Sunday, November 01, 2015

Abraham Lincoln would become ingrained in politics.

Lincoln would be elected to a federal seat as a US House Representative and served from 1847 to 1849. He was only elected for one two year term. Election popularity would escape him for the most part. 

Lincoln was a Whig for a good part of his career. (click here) The Douglas - Lincoln debates set the stage in 1858 for the emergence of a Republican Party. He determined as a Whig he could not be elected to the US Senate, so he cast his net during those Senate nominations to return to fight a different day and as a Republican.

While he was in the US House of Representatives he wrote a bill to abolish slavery in the District of Columbia (Washington, DC). The bill did not pass and he was not re-elected after insulting the then President Polk for the Mexican - American War. 

But, Abraham Lincoln as a "Prairie Lawyer" was well known for the moral content of his practice and stayed involved with politics and legislation. If I was to characterize Abraham Lincoln and his politics it would be as a loyalist to the USA Constitution.

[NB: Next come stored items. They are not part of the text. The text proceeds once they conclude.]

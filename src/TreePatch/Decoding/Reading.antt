-- ===== src/TreePatch/Decoding/Reading.antt =====
-- rust/src/tree_patch_decode.rs: its readers on what rust/src/tree_patch_encode.rs writes.
use difz.Prelude.{
  ℕ, ◌^◌, ◌<◌, ◌≤◌, ◌≡◌, refl, Bool, true, false, not, [], ◌∷◌, ◌++◌, append-nil, arith, concat_map,
  length, is_empty, ◌==◌, le→ltb_false, Result, ok, ok_or, map_err, reject, All,
}
use difz.Prelude.Bytes.{Bytes, to_le}
use difz.Prelude.Cursor.{Reader, pure, lift, ◌>>◌, repeat}
use difz.Prelude.Cursor.Reads.{
  Reads, Reads-pure, Reads-lift, Reads-bind, Reads-take_bytes, Reads-word, Reads-byte, Reads-repeat,
}
use difz.Prelude.Utf8.{chars}
use difz.Prelude.Utf8.Encoding.{IsScalar, as_bytes, chars-as_bytes}
use difz.Directory.Paths.{invalid_utf8}
use difz.Metadata.Omit.{Omit}
use difz.Metadata.Records.{no_metadata}
use difz.Metadata.Validation.{CanonicalMetadata}
use difz.Metadata.Decoding
use difz.Metadata.Encoding.Layout.{written}
use difz.PathFilter.Compile.{Action, include, exclude, Rule}
use difz.TreePatch.{
  Error, unexpected_end_of_input, invalid_rule, invalid_path, omitted_metadata_present,
  out_of_memory, metadata_error, snapshot_error, Limits,
}
use difz.TreePatch.Header.{Header}
use difz.TreePatch.Decoding.{
  Operation, directory, symlink, file_copy, file_raw, file_delta, file_hardlink, operation_tag,
  operation_try_from, DecodedEntry, take, byte, word16, word32, word64, within, length32,
  action_try_from, rule, has_omitted, check_payload, check_link, check_root, check_rules, Body,
  record_within, entry, root_if, body,
}
use difz.TreePatch.Encoding.{action_tag}
use difz.TreePatch.Encoding.Layout.{record_bytes, rule_bytes, entry_bytes, root_bytes, RuleFits}

-- A check that passes takes nothing.
Reads-check :
    {B : Type 0} (r : Result Error (Unit {0})) (k : Reader Error B) (ys : Bytes) (b : B)
    → r ≡ ok tt
    → Reads k ys b
    → Reads (lift r >> k) ys b
Reads-check r k ys b e rk = Reads-bind (lift r) (λ _. k) [] ys tt b (Reads-lift r tt e) rk

action_try_from-action_tag : (a : Action) → action_try_from (action_tag a) ≡ ok a
unfolding action_try_from action_tag
action_try_from-action_tag include = refl
action_try_from-action_tag exclude = refl

operation_try_from-operation_tag : (o : Operation) → operation_try_from (operation_tag o) ≡ ok o
unfolding operation_try_from operation_tag
operation_try_from-operation_tag directory = refl
operation_try_from-operation_tag symlink = refl
operation_try_from-operation_tag file_copy = refl
operation_try_from-operation_tag file_raw = refl
operation_try_from-operation_tag file_delta = refl
operation_try_from-operation_tag file_hardlink = refl

within-ok : (limit n : ℕ) → n ≤ limit → within limit n ≡ ok n
unfolding within
within-ok limit n h = rw (le→ltb_false limit n h) refl

Reads-length32 : (limit n : ℕ) → n < 2 ^ 32 → n ≤ limit → Reads (length32 limit) (to_le 4 n) n
unfolding length32 word32
Reads-length32 limit n small fits = rw append-nil at (
    Reads-bind word32 (λ n. lift (within limit n)) (to_le 4 n) [] n n
      (Reads-word unexpected_end_of_input 4 n small)
      (Reads-lift (within limit n) n (within-ok limit n fits)))

length-ne :
    (bytes : Bytes) → is_empty bytes ≡ false → reject (length bytes == 0) invalid_rule ≡ ok tt
length-ne [] h = cc h
length-ne (b ∷ bs) h = ground arith

decoded :
    (r : Rule)
    → All IsScalar r.pattern
    → ok_or (chars (as_bytes r.pattern)) (snapshot_error invalid_utf8) ≡ ok r.pattern
decoded r scalars = rw (chars-as_bytes r.pattern scalars) refl

pub Reads-rule :
    (longest : ℕ) (r : Rule)
    → longest < 2 ^ 32
    → RuleFits longest r
    → All IsScalar r.pattern
    → Reads (rule longest) (rule_bytes r) r
unfolding rule byte word16 take to_le
Reads-rule longest r small fits scalars = simp append-nil at read
  where
    read :
        Reads
          (rule longest)
          ((action_tag r.action ∷ [])
            ++ ([]
                ++ ((0 ∷ [])
                    ++ (to_le 2 0
                        ++ (to_le 4 (length (as_bytes r.pattern))
                            ++ (as_bytes r.pattern ++ ([] ++ [])))))))
          r
    read = Reads-bind byte _ _ _ _ _ (Reads-byte unexpected_end_of_input (action_tag r.action)) (
        Reads-bind (lift (action_try_from (action_tag r.action))) _ [] _ r.action _
          (Reads-lift _ r.action (action_try_from-action_tag r.action))
          (Reads-bind byte _ _ _ _ _ (Reads-byte unexpected_end_of_input 0) (
            Reads-check (ok tt) _ _ _ refl (
              Reads-bind word16 _ (to_le 2 0) _ 0 _
                (Reads-word unexpected_end_of_input 2 0 (omega arith))
                (Reads-check (ok tt) _ _ _ refl (
                  Reads-bind (length32 longest) _ (to_le 4 (length (as_bytes r.pattern))) _
                    (length (as_bytes r.pattern)) _
                    (Reads-length32 longest (length (as_bytes r.pattern))
                      (omega (arith, small, fits.pattern)) fits.pattern)
                    (Reads-check (reject (length (as_bytes r.pattern) == 0) invalid_rule) _ _ _
                      (length-ne (as_bytes r.pattern) fits.some_pattern)
                      (Reads-bind (take (length (as_bytes r.pattern))) _ (as_bytes r.pattern) _
                        (as_bytes r.pattern) _
                        (Reads-take_bytes unexpected_end_of_input (length (as_bytes r.pattern))
                          (as_bytes r.pattern) refl)
                        (Reads-bind
                          (lift (ok_or (chars (as_bytes r.pattern)) (snapshot_error invalid_utf8)))
                          _ [] [] r.pattern _ (Reads-lift _ r.pattern (decoded r scalars))
                          (Reads-pure r))))))))))

-- What the decoder checks of an entry.
pub record EntryFits (reserve : ℕ → Bool) (limits : Limits) (omit : Omit) (d : DecodedEntry)
    : Type 0 where
  pub mode : d.mode < 2 ^ 16
  pub some_path : is_empty d.path ≡ false
  pub path : length d.path ≤ limits.max_path_bytes
  pub payload : length d.payload ≤ limits.max_payload_bytes
  pub record_size : length (written d.metadata.metadata) ≤ limits.max_payload_bytes
  pub record_word : length (written d.metadata.metadata) < 2 ^ 32
  pub decoded : Decoding.decode reserve (written d.metadata.metadata) ≡ ok d.metadata
  pub kept : has_omitted d.metadata.metadata omit ≡ false
  pub payload_of :
      check_payload limits.max_symlink_bytes d.operation d.payload d.metadata.metadata ≡ ok tt
  pub link : check_link d.operation d.metadata.metadata ≡ ok tt

module _ (reserve : ℕ → Bool) where
  Reads-record_within :
      (limit : ℕ) (m : CanonicalMetadata)
      → length (written m.metadata) ≤ limit
      → length (written m.metadata) < 2 ^ 32
      → Decoding.decode reserve (written m.metadata) ≡ ok m
      → Reads (record_within reserve limit) (record_bytes m.metadata) m
  unfolding record_within take
  Reads-record_within limit m fits small read_back =
      let bytes = written m.metadata in
      let read : Reads (record_within reserve limit) (to_le 4 (length bytes) ++ (bytes ++ [])) m =
        Reads-bind (length32 limit) _ (to_le 4 (length bytes)) _ (length bytes) m
          (Reads-length32 limit (length bytes) small fits)
          (Reads-bind (take (length bytes))
            (λ b. lift (map_err metadata_error (Decoding.decode reserve b))) bytes [] bytes m
            (Reads-take_bytes unexpected_end_of_input (length bytes) bytes refl)
            (Reads-lift (map_err metadata_error (Decoding.decode reserve bytes)) m
              (rw read_back refl))) in
      rw append-nil at read

  path-ne :
      (bytes : Bytes) → is_empty bytes ≡ false → reject (length bytes == 0) invalid_path ≡ ok tt
  path-ne [] h = cc h
  path-ne (b ∷ bs) h = ground arith

  pub Reads-entry :
      (limits : Limits) (omit : Omit) (d : DecodedEntry)
      → limits.max_path_bytes < 2 ^ 32
      → limits.max_payload_bytes < 2 ^ 64
      → EntryFits reserve limits omit d
      → Reads (entry reserve limits omit) (entry_bytes d) d
  unfolding entry byte word16 word64 take
  Reads-entry limits omit d paths payloads fits = simp append-nil at read
    where
      read :
          Reads
            (entry reserve limits omit)
            ((operation_tag d.operation ∷ [])
              ++ ([]
                  ++ ((0 ∷ [])
                      ++ (to_le 2 d.mode
                          ++ (to_le 4 (length d.path)
                              ++ (to_le 8 (length d.payload)
                                  ++ ([]
                                      ++ (d.path
                                          ++ (d.payload
                                              ++ (record_bytes d.metadata.metadata ++ []))))))))))
            d
      read =
          Reads-bind byte _ _ _ _ _ (Reads-byte unexpected_end_of_input (operation_tag d.operation))
            (Reads-bind (lift (operation_try_from (operation_tag d.operation))) _ [] _ d.operation _
              (Reads-lift _ d.operation (operation_try_from-operation_tag d.operation))
              (Reads-bind byte _ _ _ _ _ (Reads-byte unexpected_end_of_input 0) (
                Reads-check (ok tt) _ _ _ refl (
                  Reads-bind word16 _ (to_le 2 d.mode) _ d.mode _
                    (Reads-word unexpected_end_of_input 2 d.mode (omega (arith, fits.mode)))
                    (Reads-bind (length32 limits.max_path_bytes) _ (to_le 4 (length d.path)) _
                      (length d.path) _
                      (Reads-length32 limits.max_path_bytes (length d.path)
                        (omega (arith, fits.path, paths)) fits.path)
                      (Reads-check (reject (length d.path == 0) invalid_path) _ _ _
                        (path-ne d.path fits.some_path)
                        (Reads-bind word64 _ (to_le 8 (length d.payload)) _ (length d.payload) _
                          (Reads-word unexpected_end_of_input 8 (length d.payload)
                            (omega (arith, fits.payload, payloads)))
                          (Reads-bind (lift (within limits.max_payload_bytes (length d.payload))) _
                            [] _ (length d.payload) _
                            (Reads-lift _ (length d.payload)
                              (within-ok limits.max_payload_bytes (length d.payload) fits.payload))
                            (Reads-bind (take (length d.path)) _ d.path _ d.path _
                              (Reads-take_bytes unexpected_end_of_input (length d.path) d.path refl)
                              (Reads-bind (take (length d.payload)) _ d.payload _ d.payload _
                                (Reads-take_bytes unexpected_end_of_input (length d.payload)
                                  d.payload refl)
                                (Reads-bind (record_within reserve limits.max_payload_bytes) _
                                  (record_bytes d.metadata.metadata) [] d.metadata _
                                  (Reads-record_within limits.max_payload_bytes d.metadata
                                    fits.record_size fits.record_word fits.decoded)
                                  (Reads-check
                                    (reject (has_omitted d.metadata.metadata omit)
                                      omitted_metadata_present)
                                    _ _ _ (rw fits.kept refl)
                                    (Reads-check
                                      (check_payload limits.max_symlink_bytes d.operation d.payload
                                        d.metadata.metadata)
                                      _ _ _ fits.payload_of
                                      (Reads-check (check_link d.operation d.metadata.metadata) _ _
                                        _ fits.link (Reads-pure d)))))))))))))))

  pub Reads-root_if :
      (present : Bool) (limits : Limits) (omit : Omit) (root : CanonicalMetadata)
      → (present ≡ false → root ≡ record { metadata = no_metadata })
      → (present ≡ true
          → (length (written root.metadata) ≤ limits.max_payload_bytes)
            × (length (written root.metadata) < 2 ^ 32)
            × (Decoding.decode reserve (written root.metadata) ≡ ok root)
            × (check_root root.metadata omit ≡ ok tt))
      → Reads (root_if reserve present limits omit) (root_bytes present root.metadata) root
  unfolding root_if
  Reads-root_if false limits omit root absent fits = rw (absent refl) (Reads-pure _)
  Reads-root_if true limits omit root absent fits =
      let (largest, word, read_back, checked) = fits refl in
      let read : Reads (root_if reserve true limits omit) (record_bytes root.metadata ++ []) root =
        Reads-bind (record_within reserve limits.max_payload_bytes) _ (record_bytes root.metadata)
          [] root root (Reads-record_within limits.max_payload_bytes root largest word read_back)
          (Reads-check (check_root root.metadata omit) (pure root) [] root checked
            (Reads-pure root)) in
      rw append-nil at read

  pub Reads-body :
      (limits : Limits) (h : Header) (b : Body)
      → ((n : ℕ) → reserve n ≡ true)
      → h.rule_count ≡ length b.rules
      → h.entry_count ≡ length b.entries
      → check_rules b.rules ≡ ok tt
      → All (λ r. Reads (rule limits.max_pattern_bytes) (rule_bytes r) r) b.rules
      → All (λ d. Reads (entry reserve limits h.omit) (entry_bytes d) d) b.entries
      → Reads
          (root_if reserve h.root_metadata limits h.omit)
          (root_bytes h.root_metadata b.root.metadata)
          b.root
      → Reads
          (body reserve limits h)
          (concat_map rule_bytes b.rules
            ++ (concat_map entry_bytes b.entries ++ root_bytes h.root_metadata b.root.metadata))
          b
  unfolding body
  Reads-body limits h b ample rule_count entry_count compiled rules entries root =
      rw (rule_count, entry_count)
        (Reads-check (reject (not (reserve (length b.rules))) out_of_memory) _ _ b
          (rw (ample (length b.rules)) refl)
          (Reads-bind (repeat (length b.rules) (rule limits.max_pattern_bytes)) _
            (concat_map rule_bytes b.rules) _ b.rules b (Reads-repeat _ rule_bytes b.rules rules)
            (Reads-check (check_rules b.rules) _ _ b compiled (
              Reads-check (reject (not (reserve (length b.entries))) out_of_memory) _ _ b
                (rw (ample (length b.entries)) refl)
                (Reads-bind (repeat (length b.entries) (entry reserve limits h.omit)) _
                  (concat_map entry_bytes b.entries) _ b.entries b
                  (Reads-repeat _ entry_bytes b.entries entries)
                  (rw append-nil at (
                    Reads-bind (root_if reserve h.root_metadata limits h.omit)
                      (λ r. pure (record { rules = b.rules; entries = b.entries; root = r }))
                      (root_bytes h.root_metadata b.root.metadata) [] b.root b root
                      (Reads-pure b))))))))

He would be nominated for US Senate as a Republican in 1858. With that nomination he became a leading political voice in the United States.

His views never wavered. He would eventually strike his mark as a political leader with his "House Divided Against Itself" speech. In fact the concept was biblical which proves his devote belief.

Mark 3:25  "And if a house be divided against itself, that house cannot stand."

This was the time of the Dred Scott Decision. (click here)

Abraham Lincoln stated the United States Supreme Court had turned against the Founding Fathers. He denounced the decision. The United States Supreme Court divided the country with the Dred Scott Decision. 

Abraham Lincoln would become the one moral voice that found it's pinnacle in the White House.

Picture to the right is a painting of Dred Scott.